-- ===== src/Pipeline/OrGate.antt =====
-- verifier/pipeline/evaluate.go: when the OR join of a step is satisfied.
use zero_trust_service.Common.{
  ℕ, zero, suc, ◌≡◌, ◌≢◌, refl, ◌↔◌, ◌⊎◌, inl, inr, String, Bool, true, false, List, [], ◌∷◌, ◌++◌,
  ◌||◌, ◌&&◌, All, Some, map, append-eq-nil_iff, map-eq-nil_iff, if◌then◌else◌, arith, not,
}
use zero_trust_service.Fault.{Result, ok, err}
use zero_trust_service.Pipeline.Model.{Ancestor, join_or}
use zero_trust_service.Pipeline.Violations.{StepRanFunc, EvalOptions, fanout_ancestor}
use zero_trust_service.Pipeline.Gates.{
  effective_fqns, non_enumerable, no_instances, judge_runtime_fanout, judge_run_state_unknown,
  new_runtime_fanout_violation,
}
use zero_trust_service.Pipeline.Ancestors.{
  Runs, add_run, look_up_runs, Candidates, add_candidate, collect_candidates, judge_missing,
  or_satisfied, judge_or, ancestor_violations,
}
use zero_trust_service.Pipeline.AndGate.{Completed, judge_missing-eq-nil_iff}

effective_fqns-ne-nil : (a : Ancestor) → effective_fqns a ≢ []
unfolding effective_fqns no_instances
effective_fqns-ne-nil a h = filled a.fqn a.instances h
  where
    filled : (f : String) (is : List String) → (if not (no_instances is) then is else f ∷ []) ≢ []
    filled f [] h = cc
    filled f (i ∷ is) h = cc

module _ (ran : StepRanFunc) where
  -- The ancestor is not excluded, and an instance of it has completed, or it has none, does not fan
  -- out, and has completed itself.
  abbrev pub Candidate : Ancestor → Type 0
  Candidate a =
      (a.excluded ≡ false)
      × (Some (Completed ran) a.instances
          ⊎ ((a.expands ≡ false) × (a.instances ≡ []) × Completed ran a.fqn))

  finished_iff :
      (a : Ancestor)
      → ((non_enumerable a ≡ false) × Some (Completed ran) (effective_fqns a)) ↔ (
          Some (Completed ran) a.instances
          ⊎ ((a.expands ≡ false) × (a.instances ≡ []) × Completed ran a.fqn))
  unfolding non_enumerable effective_fqns no_instances
  finished_iff a = by_case a.expands a.instances a.fqn
    where
      by_case :
          (e : Bool) (is : List String) (f : String)
          → (((e && no_instances is) ≡ false)
              × Some (Completed ran) (if not (no_instances is) then is else f ∷ []))
            ↔ (Some (Completed ran) is ⊎ ((e ≡ false) × (is ≡ []) × Completed ran f))
      by_case true [] f = (λ (h, _). cc, λ h. elim h [ inl x ↦ absurd x | inr (x, _, _) ↦ cc ])
      by_case false [] f = (
        λ (_, h). elim h [ inl k ↦ inr (refl, refl, k) | inr x ↦ absurd x ],
        λ h. elim h [ inl x ↦ absurd x | inr (_, _, k) ↦ (refl, inl k) ],
      )
      by_case true (i ∷ is) f =
          (λ (_, h). inl h, λ h. elim h [ inl k ↦ (refl, k) | inr (x, _, _) ↦ cc ])
      by_case false (i ∷ is) f =
          (λ (_, h). inl h, λ h. elim h [ inl k ↦ (refl, k) | inr (_, x, _) ↦ cc ])

  add_run-some_ran_iff :
      (f : String) (o : Result Bool) (r : Runs)
      → ((add_run f o r).some_ran ≡ true) ↔ ((o ≡ ok true) ⊎ (r.some_ran ≡ true))
  unfolding add_run
  add_run-some_ran_iff f (err e) r = (λ h. inr h, λ h. elim h [ inl x ↦ cc | inr x ↦ x ])
  add_run-some_ran_iff f (ok true) r = (λ h. inl refl, λ h. refl)
  add_run-some_ran_iff f (ok false) r = (λ h. inr h, λ h. elim h [ inl x ↦ cc | inr x ↦ x ])

  look_up_runs-some_ran_iff :
      (fs : List String) → ((look_up_runs ran fs).some_ran ≡ true) ↔ Some (Completed ran) fs
  unfolding look_up_runs
  look_up_runs-some_ran_iff [] = (λ h. cc, λ h. absurd h)
  look_up_runs-some_ran_iff (f ∷ fs) =
      let (to, from) = add_run-some_ran_iff f (ran f) (look_up_runs ran fs) in
      let (some, some') = look_up_runs-some_ran_iff fs in
      (
        λ h. elim (to h) [ inl x ↦ inl x | inr x ↦ inr (some x) ],
        λ h. elim h [ inl x ↦ from (inl x) | inr x ↦ from (inr (some' x)) ],
      )

  look_up_runs-eq-nil :
      (fs : List String)
      → (look_up_runs ran fs).known ≡ []
      → (look_up_runs ran fs).unknowns ≡ []
      → fs ≡ []
  unfolding look_up_runs add_run
  look_up_runs-eq-nil [] h k = refl
  look_up_runs-eq-nil (f ∷ fs) h k = absurd (found (ran f) h k)
    where
      found :
          (o : Result Bool)
          → (add_run f o (look_up_runs ran fs)).known ≡ []
          → (add_run f o (look_up_runs ran fs)).unknowns ≢ []
      found (err e) h k = cc
      found (ok true) h k = cc
      found (ok false) h k = cc

  collect_candidates-satisfied_iff :
      (ancestors : List Ancestor)
      → ((collect_candidates ran ancestors).satisfied ≡ true) ↔ Some Candidate ancestors
  unfolding collect_candidates add_candidate
  collect_candidates-satisfied_iff [] = (λ h. cc, λ h. absurd h)
  collect_candidates-satisfied_iff (a ∷ ancestors) = ground (
    arith,
    finished_iff a,
    look_up_runs-some_ran_iff (effective_fqns a),
    collect_candidates-satisfied_iff ancestors,
  )

  collect_candidates-live_iff :
      (ancestors : List Ancestor)
      → ((collect_candidates ran ancestors).live ≡ 0) ↔ All (λ a. a.excluded ≡ true) ancestors
  unfolding collect_candidates add_candidate
  collect_candidates-live_iff [] = (λ h. tt, λ h. refl)
  collect_candidates-live_iff (a ∷ ancestors) =
      ground (arith, collect_candidates-live_iff ancestors)

  -- Each ancestor that is not excluded left a trace: a fan-out, a failed lookup or a candidate.
  Traceless : Candidates → Type 0
  Traceless c = (c.fanouts ≡ []) × (c.unknowns ≡ []) × (c.candidates ≡ [])

  add_candidate-Traceless :
      (a : Ancestor) (r : Runs) (c : Candidates)
      → ((r.known ≡ []) → (r.unknowns ≡ []) → ⊥)
      → Traceless (add_candidate a r c)
      → (a.excluded ≡ true) × Traceless c
  unfolding Traceless add_candidate
  add_candidate-Traceless a r c traced h = cases a.excluded (non_enumerable a) h
    where
      pick : Bool → Bool → Candidates → Candidates → Candidates
      pick e n x y = if e then c else if n then x else y

      cases :
          (e n : Bool)
          → Traceless (
              pick e n
                (record c {
                  live = suc c.live;
                  fanouts = new_runtime_fanout_violation a.fqn a.status fanout_ancestor ∷ c.fanouts;
                })
                (record c {
                  satisfied = r.some_ran || c.satisfied;
                  live = suc c.live;
                  candidates = r.known ++ c.candidates;
                  unknowns = r.unknowns ++ c.unknowns;
                }))
          → (e ≡ true) × Traceless c
      cases true n h = (refl, h)
      cases false true (h, _, _) = cc
      cases false false (_, u, k) = absurd (
          traced ((append-eq-nil_iff r.known c.candidates).0 k).0
            ((append-eq-nil_iff r.unknowns c.unknowns).0 u).0)

  collect_candidates-Traceless :
      (ancestors : List Ancestor)
      → Traceless (collect_candidates ran ancestors)
      → All (λ a. a.excluded ≡ true) ancestors
  unfolding collect_candidates
  collect_candidates-Traceless [] h = tt
  collect_candidates-Traceless (a ∷ ancestors) h =
      let (e, rest) =
        add_candidate-Traceless a (look_up_runs ran (effective_fqns a)) _
          (λ k u. effective_fqns-ne-nil a (look_up_runs-eq-nil (effective_fqns a) k u)) h in
      (e, collect_candidates-Traceless ancestors rest)

  module _ (eo : EvalOptions) where
    judge_or-eq-nil_iff :
        (c : Candidates)
        → (judge_or eo ran c ≡ []) ↔ ((c.live ≡ 0) ⊎ ((c.satisfied ≡ true) ⊎ Traceless c))
    unfolding judge_or or_satisfied Traceless
    judge_or-eq-nil_iff c = split c.live c.satisfied
      where
        traces :
            (map (judge_runtime_fanout eo) c.fanouts
                ++ (map (judge_run_state_unknown eo) c.unknowns
                    ++ judge_missing eo ran join_or "" c.candidates)
              ≡ [])
            ↔ ((c.fanouts ≡ []) × (c.unknowns ≡ []) × (c.candidates ≡ []))
        traces =
            let (s1, g1) = append-eq-nil_iff (map (judge_runtime_fanout eo) c.fanouts) _ in
            let (s2, g2) = append-eq-nil_iff (map (judge_run_state_unknown eo) c.unknowns) _ in
            let (f, f') = map-eq-nil_iff (judge_runtime_fanout eo) c.fanouts in
            let (u, u') = map-eq-nil_iff (judge_run_state_unknown eo) c.unknowns in
            let (m, m') = judge_missing-eq-nil_iff ran eo "" c.candidates join_or in
            (
              λ h. let (p, q) = s1 h in let (q1, q2) = s2 q in (f p, u q1, m q2),
              λ (p, q1, q2). g1 (f' p, g2 (u' q1, m' q2)),
            )

        split :
            (n : ℕ) (b : Bool)
            → ((if (elim n [ zero ↦ true | suc k ↦ b ])
                  then []
                  else map (judge_runtime_fanout eo) c.fanouts
                    ++ (map (judge_run_state_unknown eo) c.unknowns
                        ++ judge_missing eo ran join_or "" c.candidates))
                ≡ [])
              ↔ ((n ≡ 0)
                  ⊎ ((b ≡ true) ⊎ ((c.fanouts ≡ []) × (c.unknowns ≡ []) × (c.candidates ≡ []))))
        split zero b = (λ h. inl refl, λ h. refl)
        split (suc n) true = (λ h. inr (inl refl), λ h. refl)
        split (suc n) false = (
          λ h. inr (inr (traces.0 h)),
          λ h. elim h [ inl x ↦ cc | inr x ↦ elim x [ inl y ↦ cc | inr y ↦ traces.1 y ] ],
        )

    -- Under an OR join the ancestors give no violation exactly when all of them are excluded, or some
    -- ancestor that is not excluded has an instance that has completed, or has none, does not fan out,
    -- and has completed itself.
    pub ancestor_violations-or-eq-nil_iff :
        (ancestors : List Ancestor)
        → (ancestor_violations eo ran join_or ancestors ≡ [])
          ↔ (All (λ a. a.excluded ≡ true) ancestors ⊎ Some Candidate ancestors)
    unfolding ancestor_violations
    ancestor_violations-or-eq-nil_iff ancestors =
        let (to, from) = judge_or-eq-nil_iff (collect_candidates ran ancestors) in
        let (live, dead) = collect_candidates-live_iff ancestors in
        let (some, some') = collect_candidates-satisfied_iff ancestors in
        (
          λ h. elim (to h) [
            | inl x ↦ inl (live x)
            | inr x ↦ elim x [
              | inl y ↦ inr (some y)
              | inr y ↦ inl (collect_candidates-Traceless ancestors y)
            ]
          ],
          λ h. elim h [ inl x ↦ from (inl (dead x)) | inr x ↦ from (inr (inl (some' x))) ],
        )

+---+

# [WHAT NEEDS TO BE DONE]
Your answer should be a single number: the count of lines in the records that contain "split".

# [REPLY]
5